Si l’on devait caractériser son œuvre, il faudrait emprunter le mot du compositeur russe Alfred Schnittke, celui de polystylisme dont il fut l’inspirateur au demeurant. Car Serge Prokofiev s’imprégna aussi bien du constructivisme, du classicisme, se fit le promoteur du réalisme-socialiste tout en intégrant à son œuvre les grandes plumes de l’âge d’argent (Biély, Balmont, Akhmatova), absorba le folklore russe et la modernité industrielle, puisa enfin dans la nature. « Oui, j’aime furieusement la diversité partout et en toute chose » écrivait-il ainsi dans son journal en 1910.

Les années 1916-1918 demeurent à ce titre parmi les plus prolifiques de son existence. Il y a un siècle, Serge Prokofiev composait sa première symphonie ainsi que son premier concerto pour violon. Ce dernier, relativement classique, se veut moins percutant que ses deux premiers concertos pour piano. « Tout le concerto est un rêve et je pense que le violoniste doit imaginer son archet comme le pinceau d’un peintre, son œil comme la fenêtre d’un conte de fées tout en ayant l’esprit d’un metteur en scène » rappelle Patricia Kopatchinskaja, soliste
internationale. Tout en déployant ce lyrisme omniprésent dans toute l’œuvre de Prokofiev, le concerto pour violon, comme d’ailleurs la première symphonie, ressemblent à des rivières joyeuses lorsque la Suite Scythe (1914-15) s’apparente à un torrent furieux. « Ce concerto possède des éléments d’une pureté issue de sa personnalité et de son côté visionnaire de sa musique » poursuit Patricia Kopatchinskaja.

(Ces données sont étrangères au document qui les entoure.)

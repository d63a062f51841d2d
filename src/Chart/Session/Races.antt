-- ===== src/Chart/Session/Races.antt =====
-- Answers that arrive after the chart has moved on.
use stock_anomoly_detection.Prelude.{
  ◌<◌, ◌≡◌, refl, ◌≢◌, true, false, not, List, [], ◌∷◌, ◌++◌, some, length, arith, ◌==◌, if_cases,
  Bool-cases, inl, inr, ap, ◌∙◌,
}
use stock_anomoly_detection.Text.{Text}
use stock_anomoly_detection.Chart.{OhlcvPoint, Interval}
use stock_anomoly_detection.Chart.Ticks.{PendingTick}
use stock_anomoly_detection.Chart.Paging.{merge_older}
use stock_anomoly_detection.Chart.Session.{
  PriceChart, sync_interval, clean_up, initialize_chart, push, show_data, MoreRequest, ok,
}
use stock_anomoly_detection.Chart.Session.Handlers.{
  HistoryRequest, on_history, pending_ticks, apply_all, fit, on_price,
}
use stock_anomoly_detection.Chart.Session.Steps.{
  World, Event, set_interval, history_answered, more_answered, priced, answered, without,
  answer_more, answer_history, step, run,
}
use stock_anomoly_detection.Chart.Session.Switch.{
  on_more-grown, on_more-interval, on_history-interval, rebuilt-interval, world, switched,
  first_request, set_interval_lem,
}

-- Older candles of one interval that are on their way when the interval changes end up as the
-- series of the new one, also when its own history has been loaded before they arrive.
pub late_candles_replace :
    (s : PriceChart) (ticker : Text) (q : MoreRequest) (j : Interval)
    (history more : List OhlcvPoint)
    → s.is_chart_ready ≡ true
    → length q.current_data < length (merge_older more q.current_data)
    → more ≢ []
    → (let w =
          run
            (set_interval j ∷ history_answered 0 (ok history) ∷ more_answered (ok more) ∷ [])
            (world s ticker (q ∷ [])) in
        (w.chart.ohlcv_data ≡ merge_older more q.current_data) × (w.chart.interval ≡ j))
unfolding run step answer_history answer_more
late_candles_replace s ticker q j history more ready h n =
    rw (set_interval_lem s ticker (q ∷ []) j ready) (
      on_more-grown q more _ h n,
      on_more-interval q (ok more) _
          ∙ (on_history-interval (ok history) (switched j s)
              ∙ rebuilt-interval true (record s { interval = j })),
    )

abbrev pub price_events : List PendingTick → List Event
price_events [] = []
price_events (t ∷ ts) = priced (some t.price) t.timestamp ∷ price_events ts

-- the chart waits for its history, and its candles are not in the ref
record IsWaiting (r : HistoryRequest) (w : World) : Type 0 where
  not_loaded : w.chart.is_history_loaded ≡ false
  no_candles : w.chart.ohlcv_data_ref ≡ []
  asked : w.histories ≡ r ∷ []

priced-IsWaiting :
    (r : HistoryRequest) (t : PendingTick) (w : World)
    → IsWaiting r w
    → IsWaiting r (step (priced (some t.price) t.timestamp) w)
unfolding step on_price
priced-IsWaiting r t w h =
    let Held = λ (s : PriceChart). IsWaiting r (record w { chart = s }) in
    let e = h.not_loaded in
    if_cases Held (t.price == 0) (λ zero_price. h)
      λ other.
        if_cases Held (not w.chart.is_history_loaded)
          (λ waiting. record {
            not_loaded = h.not_loaded;
            no_candles = h.no_candles;
            asked = h.asked;
          })
          (λ loaded. absurd (ground arith))

prices-IsWaiting :
    (r : HistoryRequest) (ts : List PendingTick) (w : World)
    → IsWaiting r w
    → IsWaiting r (run (price_events ts) w)
unfolding run
prices-IsWaiting r [] w h = h
prices-IsWaiting r (t ∷ ts) w h =
    prices-IsWaiting r ts (step (priced (some t.price) t.timestamp) w) (priced-IsWaiting r t w h)

pub apply_all-nothing :
    (ts : List PendingTick) (s : PriceChart) → s.ohlcv_data_ref ≡ [] → apply_all ts s ≡ s
unfolding apply_all
apply_all-nothing ts s e = elim (Bool-cases s.candle_series) [
  | inl there ↦ simp (there, e)
  | inr gone ↦ simp gone
]

pub fit-ref : (s : PriceChart) → (fit s).ohlcv_data_ref ≡ s.ohlcv_data_ref
unfolding fit push
fit-ref s = ground arith

fit-data : (s : PriceChart) → (fit s).ohlcv_data ≡ s.ohlcv_data
unfolding fit push
fit-data s = ground arith

pub on_history-nothing :
    (history : List OhlcvPoint) (s : PriceChart)
    → s.ohlcv_data_ref ≡ []
    → ((on_history (ok history) s).ohlcv_data ≡ history)
      × ((on_history (ok history) s).tick_buffer ≡ [])
unfolding on_history show_data push
on_history-nothing history s e =
    let s' = show_data history (record s { ohlcv_data = history }) in
    (
      rw (apply_all-nothing (pending_ticks history (fit s').tick_buffer) (fit s') (fit-ref s' ∙ e))
          (fit-data s'),
      refl,
    )

switched-ref :
    (j : Interval) (s : PriceChart) → s.chart_api ≡ true → (switched j s).ohlcv_data_ref ≡ []
unfolding initialize_chart sync_interval clean_up push
switched-ref j s there = ground arith

run-append : (es fs : List Event) (w : World) → run (es ++ fs) w ≡ run fs (run es w)
unfolding run
run-append [] fs w = refl
run-append (e ∷ es) fs w = run-append es fs (step e w)

answered_lem :
    (r : HistoryRequest) (history : List OhlcvPoint) (w : World)
    → w.histories ≡ r ∷ []
    → (step (history_answered 0 (ok history)) w).chart ≡ on_history (ok history) w.chart
unfolding step answer_history
answered_lem r history w e = ap (λ hs. (choose hs).chart) e
  where
    choose : List HistoryRequest → World
    choose hs = elim (answered 0 hs) [
      | true ↦ record w {
        chart = on_history (ok history) w.chart;
        histories = without 0 w.histories;
      }
      | false ↦ w
    ]

-- The prices that come in while the history of a new interval loads are buffered and then lost:
-- whatever they are, the series after the history's arrival is the history alone, and the buffer
-- is empty.
pub buffered_prices_lost :
    (s : PriceChart) (ticker : Text) (j : Interval) (ts : List PendingTick)
    (history : List OhlcvPoint)
    → s.is_chart_ready ≡ true
    → s.chart_api ≡ true
    → (let w =
          run
            (set_interval j ∷ (price_events ts ++ history_answered 0 (ok history) ∷ []))
            (world s ticker []) in
        (w.chart.ohlcv_data ≡ history) × (w.chart.tick_buffer ≡ []))
unfolding run
buffered_prices_lost s ticker j ts history ready there =
    let w = step (set_interval j) (world s ticker []) in
    let waiting : IsWaiting (first_request ticker (switched j s)) w =
      rw (set_interval_lem s ticker [] j ready)
        (record { not_loaded = refl; no_candles = switched-ref j s there; asked = refl }) in
    let kept = prices-IsWaiting (first_request ticker (switched j s)) ts w waiting in
    rw (run-append (price_events ts) (history_answered 0 (ok history) ∷ []) w) (
      rw
        (answered_lem (first_request ticker (switched j s)) history (run (price_events ts) w)
          kept.asked)
        (on_history-nothing history (run (price_events ts) w).chart kept.no_candles))
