-- ===== src/Chart/Session/Calm/Empty.antt =====
-- What the events of the empty phase leave.
use stock_anomoly_detection.Prelude.{
  ℕ, ◌≡◌, refl, sym, ap, ◌∙◌, true, not, ◌==◌, List, [], ◌∷◌, Option, none, some, length, if_cases,
  arith,
}
use mathlib.Core.Path.{subst}
use stock_anomoly_detection.Text.{Text}
use stock_anomoly_detection.Chart.{OhlcvPoint, Interval}
use stock_anomoly_detection.Chart.Series.{fit_content, update_chart_data}
use stock_anomoly_detection.Chart.Ticks.Outcome.{IsSeries}
use stock_anomoly_detection.Chart.Display.{CandlestickSeries, perform, perform_all}
use stock_anomoly_detection.Chart.Display.Mirror.{update_chart_data-Mirrors}
use stock_anomoly_detection.Chart.Session.{PriceChart, MoreRequest, push, push_all, show_data, ok}
use stock_anomoly_detection.Chart.Session.Handlers.{
  LogicalRange, on_range, on_visible_range, HistoryRequest, pending_ticks, fit, on_history,
  on_price,
}
use stock_anomoly_detection.Chart.Session.Races.{apply_all-nothing, fit-ref}
use stock_anomoly_detection.Chart.Session.Steps.{World, also, scroll}
use stock_anomoly_detection.Chart.Session.Live.{IsShown, displayed}
use stock_anomoly_detection.Chart.Session.Live.Handlers.{displayed-push_all}
use stock_anomoly_detection.Chart.Session.Calm.{IsBlank, IsEmpty}

-- without a candle in the ref, scrolling asks for nothing
pub on_range-nothing :
    (t : Text) (i : Interval) (r : LogicalRange) (c : PriceChart)
    → c.ohlcv_data_ref ≡ []
    → on_range t i r c ≡ (c, none)
unfolding on_range
on_range-nothing t i r c e =
    let zero_bars : (length c.ohlcv_data_ref == 0) ≡ true =
      ap (λ (l : List OhlcvPoint). length l == 0) e in
    ground (arith, zero_bars)

pub scroll-nothing :
    (o : Option Text) (r : Option LogicalRange) (w : World)
    → w.chart.ohlcv_data_ref ≡ []
    → scroll o r w ≡ w
unfolding scroll on_visible_range
scroll-nothing none r w e = refl
scroll-nothing (some t) none w e = refl
scroll-nothing (some t) (some r) w e =
    ap
      (λ (a : PriceChart × Option MoreRequest).
        let v : World = record w { chart = a.0; more = also w.more a.1 } in v)
      (on_range-nothing t w.chart.interval r w.chart e)

module _ (api : CandlestickSeries) (start : api.Series) where
  -- and no price reaches the chart
  pub on_price-IsBlank :
      (price : Option ℕ) (timestamp : ℕ) (c : PriceChart)
      → IsBlank api start c
      → IsBlank api start (on_price price timestamp c)
  unfolding on_price
  on_price-IsBlank none timestamp c h = h
  on_price-IsBlank (some price) timestamp c h =
      if_cases (IsBlank api start) (price == 0) (λ _. h)
        (λ _.
          if_cases (IsBlank api start) (not c.is_history_loaded) (λ _. h)
            (λ _.
              subst (IsBlank api start)
                (sym (
                  apply_all-nothing (record { price = price; timestamp = timestamp } ∷ []) c
                    h.no_candles))
                h))

  -- a history that fails leaves the chart empty
  pub unanswered-IsEmpty :
      (w : World) (hs : List HistoryRequest)
      → IsEmpty api start w
      → hs ≡ []
      → IsEmpty api start
          (record w { chart = record w.chart { is_history_loaded = true }; histories = hs })
  unanswered-IsEmpty w hs h e = record {
    chart = h.chart;
    no_more = h.no_more;
    one_history = rw e (omega arith);
    asked = λ n. absurd (n e);
  }

  fit-IsShown :
      (i : Interval) (c : PriceChart) → IsShown api i start c → IsShown api i start (fit c)
  unfolding fit push
  fit-IsShown i c h = if_cases (IsShown api i start) c.chart_api (λ _. fitted) (λ _. h)
    where
      fitted : IsShown api i start (record c { calls = push_all (fit_content ∷ []) c.calls })
      fitted = record {
        at_interval = h.at_interval;
        candles_there = h.candles_there;
        volumes_there = h.volumes_there;
        series = h.series;
        series_ref = h.series_ref;
        shows =
            ap api.shown (displayed-push_all api i start (fit_content ∷ []) c.calls)
            ∙ (unfold perform_all perform in h.shows);
      }

  no_candles-IsSeries : (i : Interval) (l : List OhlcvPoint) → l ≡ [] → IsSeries i l
  no_candles-IsSeries i l e =
      subst (IsSeries i) (sym e) (record { ascending = tt; in_seconds = tt; candles = tt })

  first_data-IsShown :
      (history : List OhlcvPoint) (c : PriceChart)
      → IsBlank api start c
      → c.chart_api ≡ true
      → IsSeries c.interval history
      → IsShown api c.interval start (show_data history (record c { ohlcv_data = history }))
  unfolding show_data push
  first_data-IsShown history c h there s = record {
    at_interval = h.synced there;
    candles_there = h.candles_same ∙ there;
    volumes_there = h.volumes_same ∙ there;
    series = s;
    series_ref = no_candles-IsSeries c.interval c.ohlcv_data_ref h.no_candles;
    shows =
        ap (λ cs. api.shown (displayed api c.interval start (push_all cs c.calls))) calls
        ∙ ap api.shown (
            displayed-push_all api c.interval start (update_chart_data true true c.interval history)
              c.calls)
        ∙ update_chart_data-Mirrors api c.interval history (displayed api c.interval start c.calls)
            s;
  }
    where
      calls :
          update_chart_data c.candle_series c.volume_series c.interval_ref history
          ≡ update_chart_data true true c.interval history
      calls =
          ap (λ b. update_chart_data b c.volume_series c.interval_ref history)
            (h.candles_same ∙ there)
          ∙ ap (λ b. update_chart_data true b c.interval_ref history) (h.volumes_same ∙ there)
          ∙ ap (λ i. update_chart_data true true i history) (h.synced there)

  -- A history in order opens the live phase.
  pub on_history-IsShown :
      (history : List OhlcvPoint) (c : PriceChart)
      → IsBlank api start c
      → c.chart_api ≡ true
      → IsSeries c.interval history
      → IsShown api c.interval start (on_history (ok history) c)
  unfolding on_history show_data push
  on_history-IsShown history c h there s =
      let shown = show_data history (record c { ohlcv_data = history }) in
      subst (IsShown api c.interval start)
        (sym (
          apply_all-nothing (pending_ticks history (fit shown).tick_buffer) (fit shown)
            (fit-ref shown ∙ h.no_candles)))
        (fit-IsShown c.interval shown (first_data-IsShown history c h there s))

Cette première symphonie, avec ce premier mouvement et surtout cette gavotte, est un hommage aux grands maîtres du classicisme que furent Haydn et Mozart. Avec la deuxième symphonie d’inspiration beethovienne et sa cinquième qui rappelle le Parsifal de Wagner, Prokofiev a également inscrit son œuvre dans la lignée des grandes génies mélodiques de l’histoire de la musique. Et c’est ici que réside précisément le génie de Prokofiev. Il a introduit la poésie des anciens dans la forge du 20e siècle à coups de martèlements, d’asymétries et de dissonances, l’a broyé et en a fait du métal, de cet acier
indestructible qui dure éternellement et qui choqua certains de ses contemporains et en fascina d’autres.

Tous ces éléments forment une musique unique animée d’une
énergie incandescente qui a pour but d’interpeller et de provoquer quelque chose chez son auditeur, sans jamais tomber dans la banalité. « Certains considèrent la musique de Prokofiev comme extrêmement forte. D’autres, en revanche la perçoivent difficile et le public peut parfois la juger inamicale » résume le chef d’orchestre ukrainien Kirill
Karabits. Véritable héraut d’une modernité qu’il défendit par-dessus tout et qui convainquit les plus grands interprètes de son temps, de
Maria Yudina à Mstislav Rostropovitch en passant par David
Oïstrakh et Sviatoslav Richter, Serge Prokofiev demeurera un
compositeur aux multiples facettes. Cette formidable complexité se retrouve aujourd’hui dans sa musique, irrémédiablement unique.

A écouter : 

Prokofiev symphonies 1-7, Bournemouth Symphony Orchestra,
dir. Kirill Karabits, Onyx Classics

Prokofiev concerto pour violon, Patricia Kopatchinskja,
London Philharmonic Orchestra,
dir. Vladimir Jurowski, Naïve, 2013.